**Instructions for the task:** Go through the records, and copy each line in which the string "arith" is present.

___ Material supplied

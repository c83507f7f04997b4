-- ===== src/Scenarios/Histories.antt =====
-- Histories of calls of one coordinator.
use spark_x_distributed_quer.Base.{
  ◌≡◌, ◌≢◌, ◌≤◌, ◌+◌, refl, none, some, List, [], ◌∷◌, ◌++◌, true, arith, str_ord,
}
use spark_x_distributed_quer.BTreeMap.{get}
use spark_x_distributed_quer.Error.{ok, IsPanic}
use spark_x_distributed_quer.Protocol.{TaskState, WorkerMessage, protocol_version}
use spark_x_distributed_quer.Coordinator.State.{
  PartitionRuntime, default_config, StageStatus, WorkerRuntime,
}
use spark_x_distributed_quer.Coordinator.Status.{stage_status}
use spark_x_distributed_quer.Coordinator.Workers.{count_active}
use spark_x_distributed_quer.Coordinator.Cancel.{cancel, cancellation}
use spark_x_distributed_quer.Coordinator.Calls.{Call, receives, polls_for, advances, run}
use spark_x_distributed_quer.Coordinator.Lifecycle.{partition_at, Follows, NotBefore, attempt_of}
use spark_x_distributed_quer.Coordinator.Commit.{
  run-Follows, committed_output_is_final, attempts_never_fall,
}
use spark_x_distributed_quer.Coordinator.Attempts.{IsBelow}
use spark_x_distributed_quer.Coordinator.Attempts.Histories.{attempts_are_limited}
use spark_x_distributed_quer.Coordinator.Panics.Histories.{answer, no_call_panics}
use spark_x_distributed_quer.Coordinator.Slots.Calls.{
  no_worker_is_overbooked, unregistered_worker_has_no_task,
}
use spark_x_distributed_quer.Coordinator.Cancelled.{
  IsStopped, run-cancel-IsStopped, cancelled_partition_blocks_stage,
}
use spark_x_distributed_quer.Scenarios.Setup.{
  codec, empty, empty_is_new, key, task, block, registration, assigned, submitted, committed,
  abandoned, leased,
}

is_committed :
    partition_at (run codec empty committed) key 0
    ≡ some (PartitionRuntime.succeeded task (block ∷ []))
unfolding partition_at run
is_committed = refl

committed_output_is_final_example :
    partition_at (run codec (run codec empty committed) abandoned) key 0
    ≡ some (PartitionRuntime.succeeded task (block ∷ []))
committed_output_is_final_example =
    committed_output_is_final codec default_config empty_is_new (omega arith) committed abandoned
      key 0 task (block ∷ []) is_committed

is_leased : partition_at (run codec empty assigned) key 0 ≡ some leased
unfolding partition_at run
is_leased = refl

run-Follows_example :
    Follows leased (partition_at (run codec (run codec empty assigned) abandoned) key 0)
run-Follows_example =
    run-Follows codec default_config empty_is_new (omega arith) assigned abandoned key 0 leased
      is_leased

attempts_never_fall_example :
    (q : PartitionRuntime) × (partition_at
        (run codec (run codec empty assigned) (advances 90_000 ∷ []))
        key
        0
      ≡ some q)
    × NotBefore (some 0) (attempt_of q)
attempts_never_fall_example =
    attempts_never_fall codec default_config empty_is_new (omega arith) assigned
      (advances 90_000 ∷ []) key 0 leased is_leased

attempts_are_limited_example : IsBelow 3 leased
attempts_are_limited_example =
    attempts_are_limited codec default_config assigned key 0 leased empty_is_new (omega arith)
      is_leased

no_call_panics_example : ¬ IsPanic (answer codec (run codec empty submitted) (polls_for "w" 10))
no_call_panics_example =
    no_call_panics codec default_config submitted (polls_for "w" 10) empty_is_new (omega arith)
      (omega arith, (tt, tt)) (λ _ x. x)

abbrev busy : WorkerRuntime
busy = record {
  registration = registration;
  last_observed_at_ms = 0;
  last_received_at_ms = 5;
  available_slots = 1;
  available_memory_bytes = 1024;
  alive = true;
}

is_busy : get "w" (run codec empty assigned).workers ≡ some busy
unfolding get run
is_busy = refl

no_worker_is_overbooked_example : 1 + count_active "w" (run codec empty assigned).stages ≤ 2
no_worker_is_overbooked_example =
    no_worker_is_overbooked codec default_config assigned empty_is_new (omega arith, (tt, (tt, tt)))
      "w" busy is_busy

is_unknown : get "v" (run codec empty assigned).workers ≡ none
unfolding get run
is_unknown = refl

unregistered_worker_has_no_task_example : count_active "v" (run codec empty assigned).stages ≡ 0
unregistered_worker_has_no_task_example =
    unregistered_worker_has_no_task codec default_config assigned empty_is_new
      (omega arith, (tt, (tt, tt))) "v" is_unknown

not_cancelled : get "q" (run codec empty assigned).cancelled_queries ≡ none
unfolding get run
not_cancelled = refl

is_accepted : (cancel codec "q" "user" (run codec empty assigned)).0 ≡ ok (cancellation "q" "user")
unfolding cancel run
is_accepted = refl

run-cancel-IsStopped_example :
    (r : PartitionRuntime) × (partition_at
        (run codec (cancel codec "q" "user" (run codec empty assigned)).1 (advances 20 ∷ []))
        key
        0
      ≡ some r)
    × IsStopped r
run-cancel-IsStopped_example =
    run-cancel-IsStopped codec default_config empty_is_new (omega arith) assigned (advances 20 ∷ [])
      "q" "user" (cancellation "q" "user") key 0 leased not_cancelled is_accepted refl is_leased

abbrev withdrawn : List Call
withdrawn =
    assigned
    ++ receives
        (WorkerMessage.task_update protocol_version "w" task (TaskState.cancelled 20 "stop")) 25
      ∷ []

is_withdrawn : partition_at (run codec empty withdrawn) key 0 ≡ some PartitionRuntime.cancelled
unfolding partition_at run
is_withdrawn = refl

cancelled_partition_blocks_stage_example :
    (partition_at (run codec (run codec empty withdrawn) (advances 90_000 ∷ [])) key 0
      ≡ some PartitionRuntime.cancelled)
    × (stage_status (run codec (run codec empty withdrawn) (advances 90_000 ∷ [])) "q" 1
        ≢ ok StageStatus.succeeded)
cancelled_partition_blocks_stage_example =
    cancelled_partition_blocks_stage codec default_config empty_is_new (omega arith) withdrawn
      (advances 90_000 ∷ []) key 0 is_withdrawn

-- The query was not cancelled, and yet its stage still counts as ready, with nothing to assign.
stays_ready : stage_status (run codec empty withdrawn) "q" 1 ≡ ok StageStatus.ready
unfolding stage_status run
stays_ready = refl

______

**Result for this exercise:**
  ◌≡◌, ◌≢◌, ◌≤◌, ◌+◌, refl, none, some, List, [], ◌∷◌, ◌++◌, true, arith, str_ord,
    committed_output_is_final codec default_config empty_is_new (omega arith) committed abandoned
    run-Follows codec default_config empty_is_new (omega arith) assigned abandoned key 0 leased
    attempts_never_fall codec default_config empty_is_new (omega arith) assigned
    attempts_are_limited codec default_config assigned key 0 leased empty_is_new (omega arith)
    no_call_panics codec default_config submitted (polls_for "w" 10) empty_is_new (omega arith)
      (omega arith, (tt, tt)) (λ _ x. x)
    no_worker_is_overbooked codec default_config assigned empty_is_new (omega arith, (tt, (tt, tt)))
      (omega arith, (tt, (tt, tt))) "v" is_unknown
    run-cancel-IsStopped codec default_config empty_is_new (omega arith) assigned (advances 20 ∷ [])
    cancelled_partition_blocks_stage codec default_config empty_is_new (omega arith) withdrawn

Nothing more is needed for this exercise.